Последний (насколько можно судить) немецкоязычный писатель Бела-Цркви Андреас А. Лиллин скончался несколько месяцев назад. Убежденный сталинист, Лиллин, естественно, тяготел к эпике, был классическим представителем социалистического реализма. Его роман «Там, где мелют зерно» — мощная, несколько небрежно написанная фреска сельской жизни, гимн строительству коммунистического общества и Мировому духу, который, даже представая в облике Пятилетнего плана, всегда действует на благо отдельных людей, хотя люди могут об этом не подозревать и даже считать, что история перемалывает их.
К сожалению, времена меняются, то, что казалось незыблемым, теперь ставится под сомнение, судьба ортодоксальных коммунистов при нынешнем стремительном развитии событий и смене точек зрения оказывается все более неопределенной и печальной. Хранитель полноты и всеобщности, Адреас А. Лил- лин в последнее время был все более одинок, он оставался единственным или одним из немногих, кто отстаивал нерушимое единство системы и идеологии, обеспечивающей единство мира.
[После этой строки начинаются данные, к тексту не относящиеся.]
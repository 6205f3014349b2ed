-- ===== src/Symbolizer.antt =====
-- The symbolizer (claire/common/symbolizer): the reader of DWARF records of Dwarf.h and Dwarf.cc.
pub mod Reader
pub mod Section
pub mod FilePath
pub mod Entries
pub mod Lines
pub mod Lookup
pub mod Elf
pub mod Process
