-- ===== src/Symbolizer/Reader.antt =====
-- The Read functions of symbolizer/Dwarf.cc, over StringPiece::advance of strings/StringPiece.h,
-- which moves the pointer and leaves the size.
use claire_common.Common.{
  ℕ, zero, suc, ◌+◌, ◌-◌, ◌*◌, ◌/◌, ◌%◌, ◌^◌, ◌≤◌, ◌<◌, Bool, true, false, ◌&&◌, not, List, [], ◌∷◌,
  ltb, leb, ◌==◌, if◌then◌else◌, length, take, drop,
}
use claire_common.Common.Outcome.{
  Outcome, done, check_failed, undefined, ◌>>=◌, ◌>>◌, check, Holds, Holds-bind,
}
pub mod Fixed
pub mod Varint
pub mod Bounds

-- A StringPiece: the bytes from its pointer to the end of the mapped file, and its size.
pub record Piece : Type 0 where
  pub ahead : List ℕ
  pub size : ℕ

abbrev pub remaining : Piece → ℕ
remaining s = length s.ahead

-- What a reader returns, and the piece that it advanced.
abbrev pub Read : Type 0 → Type 0
Read A = Outcome (A × Piece)

abbrev pub little_endian : List ℕ → ℕ
little_endian [] = 0
little_endian (b ∷ bs) = b + 256 * little_endian bs

-- StringPiece::advance; what lies past the file is not mapped.
unfoldable pub advance : ℕ → Piece → Outcome Piece
advance n s = if leb n (remaining s) then done (record s { ahead = drop n s.ahead }) else undefined

-- `Read<T>` of an unsigned T of so many bytes, on a machine that stores the low byte first.
unfoldable pub read : ℕ → Piece → Read ℕ
unfolding advance
read width s = do
  check (leb width s.size)
  rest ← advance width s
  done (little_endian (take width s.ahead), rest)

-- The loop of ReadULEB: the number, and the `shift` and `val` that it leaves. `r` has no bit at
-- `shift` or above, so the `|=` is an addition. A shift by 64 or more is undefined, and so is a
-- byte past the file. Reading a byte leaves the size, so every round has the check of the first.
unfoldable pub read_uleb_loop : ℕ → List ℕ → ℕ → ℕ → Read (ℕ × ℕ × ℕ)
read_uleb_loop size [] shift r = check (leb 1 size) >> undefined
read_uleb_loop size (val ∷ rest) shift r =
    let r' = r + val % 128 * 2 ^ shift % 2 ^ 64 in
    let shift' = (shift + 7) % 256 in
    let more = read_uleb_loop size rest shift' r' in
    let stop = done ((r', shift', val), record { ahead = rest; size = size }) in
    check (leb 1 size) >> (if ltb shift 64 then if leb 128 val then more else stop else undefined)

unfoldable pub read_uleb : Piece → Read ℕ
read_uleb s = do (result, rest) ← read_uleb_loop s.size s.ahead 0 0; done (result.0, rest)

-- `-(1ULL << shift)` has the bits from `shift` on, so here too the `|=` is an addition.
unfoldable pub sign_extend : ℕ → ℕ → ℕ → ℕ
sign_extend r shift val =
    if ltb shift 64 && (val / 64 % 2 == 1) then r + (2 ^ 64 - 2 ^ shift) else r

-- The int64_t as its bit pattern.
unfoldable pub read_sleb : Piece → Read ℕ
unfolding sign_extend
read_sleb s = do
  ((r, shift, val), rest) ← read_uleb_loop s.size s.ahead 0 0
  done (sign_extend r shift val, rest)

unfoldable pub read_offset : Bool → Piece → Read ℕ
read_offset is_64_bits s = if is_64_bits then read 8 s else read 4 s

-- The bytes of the piece that is returned; it lies in the file, since the pointer moves behind it.
unfoldable pub read_bytes : ℕ → Piece → Read (List ℕ)
read_bytes len s = do check (leb s.size len); rest ← advance len s; done (take len s.ahead, rest)

-- memchr for the null within the size, and the bytes on its sides; assign takes the size down.
unfoldable pub find_null : List ℕ → ℕ → Read (List ℕ)
find_null s zero = check_failed
find_null [] (suc size) = undefined
find_null (zero ∷ s) (suc size) = done ([], record { ahead = s; size = size })
find_null (suc b ∷ s) (suc size) = do (text, rest) ← find_null s size; done (suc b ∷ text, rest)

unfoldable pub read_null_terminated : Piece → Read (List ℕ)
unfolding find_null
read_null_terminated s = find_null s.ahead s.size

-- `position` is `s.data() - start`.
unfoldable pub skip_padding : ℕ → ℕ → Piece → Outcome Piece
skip_padding position alignment s =
    let remainder = position % alignment in
    if remainder == 0
    then done s
    else (check (leb (alignment - remainder) s.size) >> advance (alignment - remainder) s)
Вокруг него менялись люди и действительность, Югославия Тито вышла из Коминформа, Румыния, в которой жил Лил- лин, выбрала собственный национальный путь к социализму, даже в Советском Союзе сталинизм ставился под сомнение, коммунисты всего мира шли новыми путями, никто больше не заявлял, что искусство авангарда — проявление буржуазного упадка и что все должны писать романы, похожие на «Тихий Дон».
Подобно многим суровым хранителям неизменной истины, Андреас А. Лиллин, как рассказывал мне Иоахим Виттшток, в душе был человеком ранимым и отзывчивым, Вертером-сталинистом, светлой душой, искавшей убежища от собственной эмоциональной уязвимости за броней неколебимой веры. Как и все, он страдал из-за происходивших изменений, из-за опровержения дорогих ему истин, из-за того, что любимые лица становились чужими, из-за бесконечных утрат; он пытался придать смутному, быстротечному мельтешению жизни застывший облик, подарить покой, вселяющий чувство уверенности. Чем заметнее менялся мир, чем больше этот мир становился ему чужим, тем больше он замыкался в упрямом одиночестве, полном горя и боли, хотя внешне он казался крепким и несгибаемым. В последней книге «Дорогая наша родня», написанной в 1983 году, он осуждает стремление румынских немцев эмигрировать на Запад; этот неподъемный, нравоучительный роман представляет трагических исход немцев как задуманный капиталистами коварный обман.
Лиллин умер в одиночестве, всеми забытый — крошечный фрагмент мозаики агонизирующей германской культуры в Банате. Впрочем, в этой мозаике немало парадоксального: Миллекер, хранитель Городского музея Вршаца, в статье 1941 года, посвященной древней символике свастики, утверждает, что название «свастика» (изображения которой встречались в Банате 6000 лет назад) — славянское, и прибавляет, что нацисты вряд ли могли отыскать более благородный знак, чем этот древнейший «символ любви». Баба Анка, прекрасно говорящая на немецком, рассказывает, что у нее дома по-немецки разговаривали с собаками, однако, хотя она и является поклонницей лидера Немецкой народной партии Венгрии Кремлинга, решительно отрицает, что в этом проявлялось презрение к немецкому языку.
20. Белградская сага
Однажды польский юморист Станислав Ежи Лец, глядя из Панчево на правый берег Дуная, в сторону Белграда и Калемегданской крепости, признался, что здесь, на левом берегу, он еще чувствует себя дома, в границах старой габсбургской монархии, а на другом берегу начинается зарубежье, чужая земля. Дунай был границей между Австро-Венгерской империей и Королевством Сербия; в 1903 году дядя бабы Анки, служивший в гвардии короля Александра Обреновича, за несколько часов до покушения на государя, которое он предвидел, но выступить за или против которого не осмелился, сорвал с себя военную форму и бросился в Дунай; ниже по течению его подобрали венгерские таможенники, и он, осужденный на смерть сербский дезертир, прожил остаток жизни в Бела-Цркве, под защитой двуглавого орла.
Анджей Кузневич, польский писатель, описавший с сочувственной и тонкой поэзией развал двойной монархии, пересказывает слова Леца, своего земляка и товарища по перу, признаваясь, что разделяет его чувства, его фантастический взгляд; он тоже видит исчезнувшую границу, которая по-прежнему очерчивает его мир: для Леца и Кузневича Белград стоит на чужом берегу.
Трудно сказать, где, на чьем берегу расположен Белград, трудно понять многоликую индивидуальность и исключительную жизненную силу невероятного города, который столько раз разрушали и которых всякий раз возрождался, стирая следы прошлого.